Activity. Your task is to repeat exactly the lines below between the line holding "abbrev pub s_max : ℕ" and the line holding "is_zero_signature r s = r == 0 && s == 0", inclusive, and only those.

Records from a data source.
[Start of section]
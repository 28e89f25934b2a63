-- ===== src/Transaction/Signing.antt =====
-- libcfxcore/TransactionBase: hashing, signing, and the sender that a signature tells. The hash of the
-- signed transaction and the sender are kept once they are known.
use cpp_conflux_sdk.Common.Outcome.{
  Outcome, ok, throw, secret_is_empty, transaction_is_unsigned, invalid_signature, ◌>>=◌,
}
use cpp_conflux_sdk.Common.{
  ℕ, Bool, false, not, ◌&&◌, ◌||◌, Option, none, some, [], ◌∷◌, Bytes, drop, take, replicate, ltb,
  leb, ◌==◌, if◌then◌else◌,
}
use cpp_conflux_sdk.CommonData.Endian.{from_big_endian}
use cpp_conflux_sdk.Rlp.Stream.{empty, finished}
use cpp_conflux_sdk.Transaction.{
  Transaction, Crypto, Signature, IncludeSignature, without_signature, with_signature, stream_rlp,
}

-- The test of a hash as a condition: some byte is not zero.
unfoldable pub nonzero : Bytes → Bool
nonzero [] = false
nonzero (b ∷ s) = not (b == 0) || nonzero s

-- The bound of `r` and `s`. Hashes of one size are ordered as their numbers are.
abbrev pub s_max : ℕ
s_max = 0xfffffffffffffffffffffffffffffffebaaedce6af48a03bbfd25e8cd0364141

unfoldable pub is_valid : Signature → Bool
is_valid sig =
    let r = from_big_endian 256 sig.r in
    let s = from_big_endian 256 sig.s in
    leb sig.v 1 && (ltb 0 r && (ltb 0 s && (ltb r s_max && ltb s s_max)))

pub is_zero_signature : ℕ → ℕ → Bool
is_zero_signature r s = r == 0 && s == 0

pub has_zero_signature : Transaction → Bool
has_zero_signature t = elim t.vrs [
  | none ↦ false
  | some sig ↦ is_zero_signature (from_big_endian 256 sig.r) (from_big_endian 256 sig.s)
]

-- The bytes of a transaction: `RLPStream s; streamRLP(s, _sig); s.out()`.
unfoldable pub streamed : Transaction → IncludeSignature → Outcome Bytes
streamed t sig = stream_rlp t sig empty >>= finished

module _ (c : Crypto) where
  unfoldable pub sha3 : Transaction → IncludeSignature → Outcome (Bytes × Transaction)
  sha3 t without_signature = streamed t without_signature >>= λ d. ok (c.keccak d, t)
  sha3 t with_signature =
      let fresh =
        streamed t with_signature >>= λ d. ok (c.keccak d, record t { hash_with = c.keccak d }) in
      if nonzero t.hash_with then ok (t.hash_with, t) else fresh

  -- `sign`: a signature that is not valid is dropped, and the one before stays.
  unfoldable pub sign : Transaction → Bytes → Outcome Transaction
  sign t priv = sha3 t without_signature >>= λ hash.
      let sig = c.sign_hash priv hash.0 in
      ok (if is_valid sig then record hash.1 { vrs = some sig } else hash.1)

  unfoldable pub sign_transaction : Transaction → Outcome (Bytes × Transaction)
  sign_transaction t =
      let signed = sign t t.secret >>= λ t'. streamed t' with_signature >>= λ d. ok (d, t') in
      if not (nonzero t.secret) then throw secret_is_empty else signed

  unfoldable pub sign_transaction_with_secret : Transaction → Bytes → Outcome (Bytes × Transaction)
  sign_transaction_with_secret t secret = sign_transaction (record t { secret = secret })

  -- In `sender`: what the signature recovers, if there is one.
  unfoldable pub recovered : Transaction → Signature → Outcome (Bytes × Transaction)
  recovered t sig = sha3 t without_signature >>= λ hash.
      let p = c.recover sig hash.0 in
      let addr = take 20 (drop 12 (c.keccak p)) in
      if not (nonzero p)
      then throw invalid_signature
      else ok (addr, record hash.1 { sender_cache = some addr })

  -- `if (!m_vrs) throw`, and the rest of `sender`.
  unfoldable pub sender_by : Transaction → Option Signature → Outcome (Bytes × Transaction)
  sender_by t none = throw transaction_is_unsigned
  sender_by t (some sig) = recovered t sig

  -- `if (!m_sender.is_initialized())`.
  unfoldable pub sender_with : Transaction → Option Bytes → Outcome (Bytes × Transaction)
  sender_with t (some addr) = ok (addr, t)
  sender_with t none =
      let max_address = replicate 20 0xff in
      if has_zero_signature t
      then ok (max_address, record t { sender_cache = some max_address })
      else sender_by t t.vrs

  unfoldable pub sender : Transaction → Outcome (Bytes × Transaction)
  sender t = sender_with t t.sender_cache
[End of section]
Response to this task.
abbrev pub s_max : ℕ
s_max = 0xfffffffffffffffffffffffffffffffebaaedce6af48a03bbfd25e8cd0364141

unfoldable pub is_valid : Signature → Bool
is_valid sig =
    let r = from_big_endian 256 sig.r in
    let s = from_big_endian 256 sig.s in
    leb sig.v 1 && (ltb 0 r && (ltb 0 s && (ltb r s_max && ltb s s_max)))

pub is_zero_signature : ℕ → ℕ → Bool
is_zero_signature r s = r == 0 && s == 0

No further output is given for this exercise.